The photometric modal discrimination relies on model atmosphere calculations (e.g. Garrido 2000), which suffer from our lack of understanding of the physical conditions in $\delta$ Scuti stars. The "regions of interest'' used in the photometric discrimination are not only partially overlapping, but also strongly dependent on model parameters.

Another method has been the calculation of thousands of models to try to reproduce the frequencies (e.g. Pamyatnykh et al. 1998 for the case of XX Pyx), but without any convincing results. In fact, no stellar model has yet provided a unique fit to any set of observed frequencies.
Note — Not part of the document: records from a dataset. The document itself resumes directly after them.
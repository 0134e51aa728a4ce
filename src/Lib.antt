-- ===== src/Lib.antt =====
-- The trading library of this repository. On Solana it quotes token trades on the Pump.fun and
-- PumpSwap venues and on aggregators, charges the application's and the gas sponsor's fees, and
-- builds, signs, submits and confirms the transaction; on EVM networks it takes a trade to Uniswap
-- or to Relay and signs, submits and confirms its transactions in turn. Paths are from the
-- repository's root.
--
-- The parts, as they call each other:
-- * Solana/Client is `src/solana/client/`. Client/Routing chooses a source, routes what the fees
--   leave of the trade, checks the source's candidate and charges the fees; Client/Swapping runs
--   this against the sources' adapters and hands the swap to the executor; Client/UsdValues
--   and Client/PoolReads are the value shown to the user, Client/Options the builder methods.
-- * Solana/SdkFee, Solana/ProviderFee and Solana/GasSponsor are `src/solana/sdk_fee.rs`,
--   `provider_fee.rs` and `gas_sponsor/`. GasSponsor/Cost holds the charge and the rewriting of the
--   reserved transfer, GasSponsor/Finalizing the simulations around it.
-- * Solana/Sources is `src/solana/sources/`: quotes, instructions and budgets that a service
--   proposes, with Rent for a sponsor's rent, and one module for each of Bloxroute, DFlow, Jupiter
--   and Relay (AppFee is `app_fee.rs`), whose child Adapter asks the service. Relay is
--   `src/aggregators/relay.rs`.
-- * Solana/Executor is `src/solana/executor.rs`: Budget (compute-budget requests and the place of
--   the reimbursement), Build, Signing, Submitting, Confirming, Balances.
-- * Solana/LookupTables is `src/solana/lookup_table.rs`.
-- * Solana/PumpFun and Solana/PumpSwap are `src/solana/dexes/pumpfun/mod.rs` and
--   `src/solana/dexes/pumpswap/mod.rs`: Layout (accounts), Quote, Instructions, Venue (reads,
--   caches and preparation). Solana/Common and Solana/Keys are `src/solana/dexes/common.rs`,
--   Solana/Types is `src/solana/types.rs` with `src/usd_value.rs`, Error is `src/error.rs`.
-- * Evm/Client is `src/evm/mod.rs`; Evm/Types, Node, Unsigned, Execution and Submit are the files
--   of these names in `src/evm/`, Evm/Network is `Network` of `mod.rs` with `robinhood.rs`. In
--   Execution, Confirming is `confirm` and Running is `execute_swap`.
-- * Evm/Relay is `src/evm/sources/relay/`, with its Transactions and its Adapter.
-- * Evm/Uniswap is `src/evm/dexes/uniswap/`: V2, V3, V4 and Router are the files of these names,
--   and of `mod.rs` Market is the choice of a pool and Quoting the quote and the preparation.
-- Prelude holds the shared words, bytes and lists, Text the printing and parsing of numbers. A
-- child module named Tests evaluates its parent at the concrete parameters of Solana/Samples or
-- Evm/Samples. A function keeps its name; a part of a function that has a name of its own here
-- stands above the function that uses it. Methods that change an object in place return the changed
-- object.
--
-- Conventions. Numbers are natural numbers with the wrap-around of their width written out; a
-- subtraction that the source saturates is the truncated one. A public key is the big-endian number
-- of its 32 bytes, a signature or blockhash a number. A formatted error keeps its fixed text. An
-- `f64` is its bit pattern, and its operations are parameters (Floats). `async` code is an action
-- on an abstract world (Action); a timeout around it is checked against the clock after each of its
-- waits; `tokio::join!` or `try_join!` runs its parts one after the other, and both are run before
-- either error counts. A `OnceLock` cache is a field of the venue's state.
--
-- Parameters stand for code of other packages: the Solana crates' addresses, hashes, SPL
-- instructions (Platform), compilation and sizes (Compiler), Borsh's primitive readers (Borsh), the
-- node and the clocks (AccountReads, TableReads, Chain), the alloy crate's provider, signing,
-- transactions and ABI (Provider, Alloy, Abi, AmountFloats), texts of keys and numbers (KeyText,
-- FloatText, AmountText), the services (RelayApi, BloxrouteApi, DFlowApi, JupiterApi), the caller's
-- signers, submitter and price feed, the order in which concurrent tasks end (Schedule) and the
-- time of day (TimeOfDay). The adapters of the six Solana sources are the interface Adapters of the
-- client. The laws that results assume of them are IsClock, for each of the two nodes: a read does
-- not turn the clock back, and a sleep takes its time; IsEquality: transactions that the alloy
-- crate finds equal are equal; and AreU64: the outputs that the sources offer fit 64 bits.
--
-- Fuel: the Solana confirmation loop has two rounds more than the deadline has poll intervals, the
-- EVM loop one round for each whole poll interval of the timeout and one more, which is enough on
-- such a clock.
--
-- Not modelled: HTTP requests and the decoding of JSON, whose decoded answers are the services'
-- data; the network calls of `src/solana/submit.rs` behind the executor's submitter; the text of a
-- Uniswap pool reference; connecting a node, and setters of keys and URLs; the facade of
-- `src/trading_aggregator.rs`; and slicing panics where a compiled message holds fewer keys than it
-- requires signatures.
pub mod Prelude
pub mod Error
pub mod Action
pub mod Floats
pub mod Text
pub mod Relay
pub mod Solana
pub mod Evm
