-- ===== src/Action.antt =====
-- `async` code: an action reads and changes a world (nodes, wallets, clocks, caches) and returns a
-- result. Concurrent reads (`tokio::join!`) are run one after the other.
use trading_aggregators.Prelude.{String, ◌≡◌, refl, ap, arith}
use trading_aggregators.Error.{TradeError, venue, Result, ok, err, map_err as map_err_result}

abbrev pub Action : Type 0 → Type 0 → Type 0 → Type 0
Action W E A = W → Result E A × W

-- A pure result as an action, and an action on part of a larger world.
abbrev pub lift : {W E A : Type 0} → Result E A → Action W E A
lift r w = (r, w)

abbrev pub pure : {W E A : Type 0} → A → Action W E A
pure a w = (ok a, w)

-- An action that cannot fail.
abbrev pub infallible : {W E A : Type 0} → (W → A × W) → Action W E A
infallible m w = let (a, w') = m w in (ok a, w')

abbrev pub fail : {W E A : Type 0} → E → Action W E A
fail e w = (err e, w)

infixl 5 ◌>>=◌ ◌>>◌
abbrev pub ◌>>=◌ : {W E A B : Type 0} → Action W E A → (A → Action W E B) → Action W E B
◌>>=◌ m f w = let (r, w') = m w in elim r [ ok a ↦ f a w' | err e ↦ (err e, w') ]

abbrev pub ◌>>◌ : {W E A B : Type 0} → Action W E A → Action W E B → Action W E B
m >> k = m >>= λ _. k

second_step :
    {W E A B : Type 0} (f : A → Action W E B) (r : Result E A) (w₁ w' : W) {b : B}
    → (lift r >>= f) w₁ ≡ (ok b, w')
    → (a : A) × (r ≡ ok a) × (f a w₁ ≡ (ok b, w'))
second_step f (ok a) w₁ w' e = (a, refl, e)
second_step f (err x) w₁ w' e = absurd (ground arith)

-- An action in two steps succeeds only if both do.
pub >>=-eq-ok :
    {W E A B : Type 0} (m : Action W E A) (f : A → Action W E B) (w w' : W) {b : B}
    → (m >>= f) w ≡ (ok b, w')
    → (a : A) × (w₁ : W) × (m w ≡ (ok a, w₁)) × (f a w₁ ≡ (ok b, w'))
>>=-eq-ok m f w w' e =
    let (a, first, rest) = second_step f (m w).0 (m w).1 w' e in
    (a, (m w).1, ap (λ r. (r, (m w).1)) first, rest)

-- The result as a value, so that an error does not end the action.
abbrev pub attempt : {W E F A : Type 0} → Action W E A → Action W F (Result E A)
attempt m w = let (r, w') = m w in (ok r, w')

abbrev pub map_err : {W E F A : Type 0} → (E → F) → Action W E A → Action W F A
map_err f m w = let (r, w') = m w in (map_err_result f r, w')

-- `anyhow::Error`: an error of this library, which a caller can take out again, or any other.
pub data AnyError : Type 0 where
  trade : TradeError → AnyError
  other : String → AnyError

-- `dex_err` of `src/solana/executor.rs`.
pub dex_err : String → AnyError → TradeError
dex_err name (trade e) = e
dex_err name (other msg) = venue name msg
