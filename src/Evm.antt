-- ===== src/Evm.antt =====
-- The EVM side of the library (`src/evm/`).
pub mod Types
pub mod Network
pub mod Node
pub mod Unsigned
pub mod Execution
pub mod Relay
pub mod Uniswap
pub mod Client
pub mod Submit
pub mod Samples
mod Tests
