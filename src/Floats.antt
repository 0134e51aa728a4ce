-- ===== src/Floats.antt =====
-- `f64` values as their bit patterns. The operations are the machine's, and parameters here.
use trading_aggregators.Prelude.{ℕ, Bool}

abbrev pub F64 : Type 0
F64 = ℕ

pub record Floats : Type 0 where
  pub of_u64 : ℕ → F64
  -- `x as u32`
  pub to_u32 : F64 → ℕ
  pub mul : F64 → F64 → F64
  pub div : F64 → F64 → F64
  pub sub : F64 → F64 → F64
  pub is_finite : F64 → Bool
  -- `a < b` and `a <= b`
  pub lt : F64 → F64 → Bool
  pub le : F64 → F64 → Bool

-- 0.0, 1.0, 1.2, 100.0 and 1000000.0.
abbrev pub f_zero : F64
f_zero = 0

abbrev pub f_one : F64
f_one = 0x3ff0_0000_0000_0000

abbrev pub f_1_2 : F64
f_1_2 = 0x3ff3_3333_3333_3333

abbrev pub f_hundred : F64
f_hundred = 0x4059_0000_0000_0000

abbrev pub f_million : F64
f_million = 0x412e_8480_0000_0000
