-- ===== src/Solana/Keys.antt =====
-- Addresses, account metas and instructions as the Solana crates define them, and the constants of
-- `src/solana/dexes/common.rs`. An address is the number that its 32 bytes spell, most significant
-- byte first, so `Pubkey::default()` is 0.
use trading_aggregators.Prelude.{ℕ, Bool, List, true, false}

abbrev pub Pubkey : Type 0
Pubkey = ℕ

pub record AccountMeta : Type 0 where
  pub pubkey : Pubkey
  pub is_signer : Bool
  pub is_writable : Bool

pub record Instruction : Type 0 where
  pub program_id : Pubkey
  pub accounts : List AccountMeta
  pub bytes : List ℕ

-- `AccountMeta::new` and `AccountMeta::new_readonly`.
abbrev pub writable : Pubkey → Bool → AccountMeta
writable key signer = record { pubkey = key; is_signer = signer; is_writable = true }

abbrev pub readonly : Pubkey → Bool → AccountMeta
readonly key signer = record { pubkey = key; is_signer = signer; is_writable = false }

abbrev pub default_key : Pubkey
default_key = 0

abbrev pub system_program : Pubkey
system_program = 0

abbrev pub token_program : Pubkey
token_program = 0x06ddf6e1d765a193d9cbe146ceeb79ac1cb485ed5f5b37913a8cf5857eff00a9

abbrev pub token_2022_program : Pubkey
token_2022_program = 0x06ddf6e1ee758fde18425dbce46ccddab61afc4d83b90d27febdf928d8a18bfc

abbrev pub ata_program : Pubkey
ata_program = 0x8c97258f4e2489f1bb3d1029148e0d830b5a1399daff1084048e7bd8dbe9f859

abbrev pub compute_budget_program : Pubkey
compute_budget_program = 0x0306466fe5211732ffecadba72c39be7bc8ce5bbc5f7126b2c439b3a40000000

abbrev pub wsol : Pubkey
wsol = 0x069b8857feab8184fb687f634618c035dac439dc1aeb3b5598a0f00000000001

-- `USDC_MINT` of `src/solana/dexes/pumpswap/mod.rs`.
abbrev pub usdc_mint : Pubkey
usdc_mint = 0xc6fa7af3bedbad3a3d65f36aabc97431b1bbe4c2d2f6e0e47ca60203452f5d61

abbrev pub ix_close_account : ℕ
ix_close_account = 9

abbrev pub ix_sync_native : ℕ
ix_sync_native = 17

abbrev pub sys_transfer : ℕ
sys_transfer = 2

abbrev pub request_heap_frame : ℕ
request_heap_frame = 1

abbrev pub tag_compute_unit_limit : ℕ
tag_compute_unit_limit = 2

abbrev pub tag_compute_unit_price : ℕ
tag_compute_unit_price = 3

abbrev pub tag_loaded_accounts_data_size_limit : ℕ
tag_loaded_accounts_data_size_limit = 4

abbrev pub ata_create : ℕ
ata_create = 0

abbrev pub ata_create_idempotent : ℕ
ata_create_idempotent = 1

abbrev pub track_volume : ℕ
track_volume = 1
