-- ===== src/Text.antt =====
-- Texts that a provider sends: what `src/solana/sources/` and `src/aggregators/` read from them with
-- the standard library. The texts of addresses and base64 are other crates', and parameters.
use Prim.Native.Char.{Char, nul}
use trading_aggregators.Prelude.{
  ◌<◌, ◌≡◌, arith, zero, suc, ◌/◌, ℕ, ◌+◌, ◌-◌, ◌*◌, ◌^◌, String, Bool, ◌&&◌, List, [], ◌∷◌, ltb,
  leb, ◌==◌, if◌then◌else◌, not, ◌%◌,
}
use trading_aggregators.Prelude.Bytes.{codes, bytes_eq}
use trading_aggregators.Error.{Result, ok, err, ◌>>=◌}
use trading_aggregators.Solana.Keys.{Pubkey}

-- `a == b` on strings.
abbrev pub string_eq : String → String → Bool
string_eq a b = bytes_eq (codes a) (codes b)

-- `Pubkey::from_str`, `Pubkey::to_string` and base64's `STANDARD.decode`.
pub record KeyText : Type 0 where
  pub parse_key : String → Result String Pubkey
  pub show_key : Pubkey → String
  pub decode_base64 : String → Result String (List ℕ)

-- `items.map(f).collect::<Result<Vec<_>>>()`: the first error ends it.
abbrev pub collect {ℓ κ κ'} :
    {E : Type ℓ} {A : Type κ} {B : Type κ'} → (A → Result E B) → List A → Result E (List B)
collect f [] = ok []
collect f (x ∷ xs) = f x >>= λ y. collect f xs >>= λ ys. ok (y ∷ ys)

abbrev is_digit : ℕ → Bool
is_digit c = leb b'0' c && leb c b'9'

unfoldable pub parse_digits : ℕ → List ℕ → Result String ℕ
parse_digits acc [] = ok acc
parse_digits acc (c ∷ cs) =
    let n = acc * 10 + (c - b'0') in
    let rest = parse_digits n cs in
    if not (is_digit c)
    then err "invalid digit found in string"
    else (if leb (2 ^ 64) n then err "number too large to fit in target type" else rest)

abbrev after_sign : List ℕ → Result String ℕ
after_sign [] = err "invalid digit found in string"
after_sign (c ∷ cs) = parse_digits 0 (c ∷ cs)

-- `u64::from_str`
unfoldable pub parse_u64 : List ℕ → Result String ℕ
parse_u64 [] = err "cannot parse integer from empty string"
parse_u64 (c ∷ cs) = if c == b'+' then after_sign cs else parse_digits 0 (c ∷ cs)

char_at : ℕ → String → Char
char_at i String.[] = nul
char_at zero (String.◌∷◌ c s) = c
char_at (suc i) (String.◌∷◌ c s) = char_at i s

digit : ℕ → Char
unfolding char_at
digit d = char_at d "0123456789"

-- The digits of a number in front of a text, on fuel for as many digits.
digits_before : ℕ → ℕ → String → String
unfolding digit
digits_before zero n s = s
digits_before (suc fuel) n s =
    let longer = digits_before fuel (n / 10) (String.◌∷◌ (digit (n % 10)) s) in
    if ltb n 10 then String.◌∷◌ (digit n) s else longer

-- `to_string` of an integer of at most 256 bits, which has at most 78 digits.
unfoldable pub show_nat : ℕ → String
unfolding digits_before
show_nat n = digits_before 78 n String.[]

parse_digits_lt :
    (acc : ℕ) (cs : List ℕ) (n : ℕ) → acc < 2 ^ 64 → parse_digits acc cs ≡ ok n → n < 2 ^ 64
unfolding parse_digits
parse_digits_lt acc [] n h e = ground arith
parse_digits_lt acc (c ∷ cs) n h e = ground (arith, parse_digits_lt (acc * 10 + (c - b'0')) cs n)

after_sign_lt : (cs : List ℕ) (n : ℕ) → after_sign cs ≡ ok n → n < 2 ^ 64
after_sign_lt [] n e = absurd (ground arith)
after_sign_lt (c ∷ cs) n e = parse_digits_lt 0 (c ∷ cs) n (omega arith) e

-- Whatever is read is a `u64`.
pub parse_u64_lt : (cs : List ℕ) (n : ℕ) → parse_u64 cs ≡ ok n → n < 2 ^ 64
unfolding parse_u64
parse_u64_lt [] n e = absurd (ground arith)
parse_u64_lt (c ∷ cs) n e =
    ground (arith, after_sign_lt cs n, parse_digits_lt 0 (c ∷ cs) n (omega arith))
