-- ===== src/Solana/Types.antt =====
-- `src/solana/types.rs` and `src/usd_value.rs`: trades, quotes and prepared swaps. A USD value keeps
-- its two `f64` as bit patterns.
use trading_aggregators.Prelude.{
  ℕ, String, Bool, true, false, ◌||◌, Option, none, some, List, ◌==◌, leb,
}
use trading_aggregators.Error.{TradeError, build, Result, raise_if}
use trading_aggregators.Solana.Keys.{Pubkey, Instruction, wsol, usdc_mint}

abbrev pub basis_points : ℕ
basis_points = 10_000

pub data Side : Type 0 where
  buy sell : Side

pub data Venue : Type 0 where
  pump_fun pump_swap : Venue

pub data QuoteSource : Type 0 where
  jupiter dflow bloxroute relay pump_fun pump_swap : QuoteSource

pub data Settlement : Type 0 where
  sol usdc : Settlement

abbrev pub is_buy : Side → Bool
is_buy buy = true
is_buy sell = false

abbrev pub is_usdc : Settlement → Bool
is_usdc sol = false
is_usdc usdc = true

unfoldable pub native_venue : QuoteSource → Option Venue
native_venue QuoteSource.pump_fun = some Venue.pump_fun
native_venue QuoteSource.pump_swap = some Venue.pump_swap
native_venue jupiter = none
native_venue dflow = none
native_venue bloxroute = none
native_venue relay = none

pub record NativeMarket : Type 0 where
  pub source : QuoteSource
  pub pool : Pubkey

-- `Settlement::mint`
abbrev pub settlement_mint : Settlement → Pubkey
settlement_mint sol = wsol
settlement_mint usdc = usdc_mint

pub record Trade : Type 0 where
  pub settlement : Settlement
  pub wallet : Pubkey
  pub mint : Pubkey
  pub side : Side
  pub amount : ℕ
  pub slippage_bps : ℕ
  pub venue : Option Venue
  pub pool : Option Pubkey
  pub quote_source : Option QuoteSource

-- `Trade::validate`
unfoldable pub validate : Trade → Result TradeError (Unit {0})
validate t =
    raise_if
      (t.amount == 0 || leb basis_points t.slippage_bps || t.mint == settlement_mint t.settlement)
      (build
        "trade requires a positive amount, slippage below 10000 bps and a token other than the settlement currency")

pub record UsdValue : Type 0 where
  pub paid : ℕ
  pub received : ℕ

pub record Quote : Type 0 where
  pub in_amount : ℕ
  pub usd_value : Option UsdValue
  pub expected_out : ℕ
  pub min_out : ℕ
  pub fee : ℕ
  pub application_fee : ℕ
  pub sponsorship_fee : ℕ

pub data TransactionFormat : Type 0 where
  v0 v1 : TransactionFormat

-- `AddressLookupTableAccount`
pub record LookupTable : Type 0 where
  pub key : Pubkey
  pub addresses : List Pubkey

pub record PreparedSwap : Type 0 where
  pub venue : String
  pub quote : Quote
  pub instructions : List Instruction
  pub lookup_tables : List LookupTable
  pub format : TransactionFormat

pub record Tip : Type 0 where
  pub account : Pubkey
  pub lamports : ℕ

pub data SwapStatus : Type 0 where
  confirmed failed pending : SwapStatus

pub record SwapResult : Type 0 where
  pub hash : ℕ
  pub dex : String
  pub status : SwapStatus
  pub amount_received : Option ℕ
  pub application_fee : ℕ
  pub sponsorship_fee : ℕ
The detection of line-profile variations caused by non-radial pulsation modes has been made possible by detailed spectroscopic studies. High resolution spectroscopy combined with high time resolution provides the ultimate information and works for low as well as high degree modes. In this case, large telescopes with efficient spectrographs are needed. For a recent review consult Mantegazza (2000). A different approach is the moment method introduced by Balona and discussed by Aerts & Eyer (2000) where references are given. Both methods work well when there are only a small number of modes (i.e. for a star like $\rho$ Pup with one radial mode), but when trying to fit a number of closely spaced modes, these spectroscopic methods are less powerful and often leave a lot of ambiguity in the classification. None of them has ever been applied to $\delta$ Scuti stars as faint as BN Cnc.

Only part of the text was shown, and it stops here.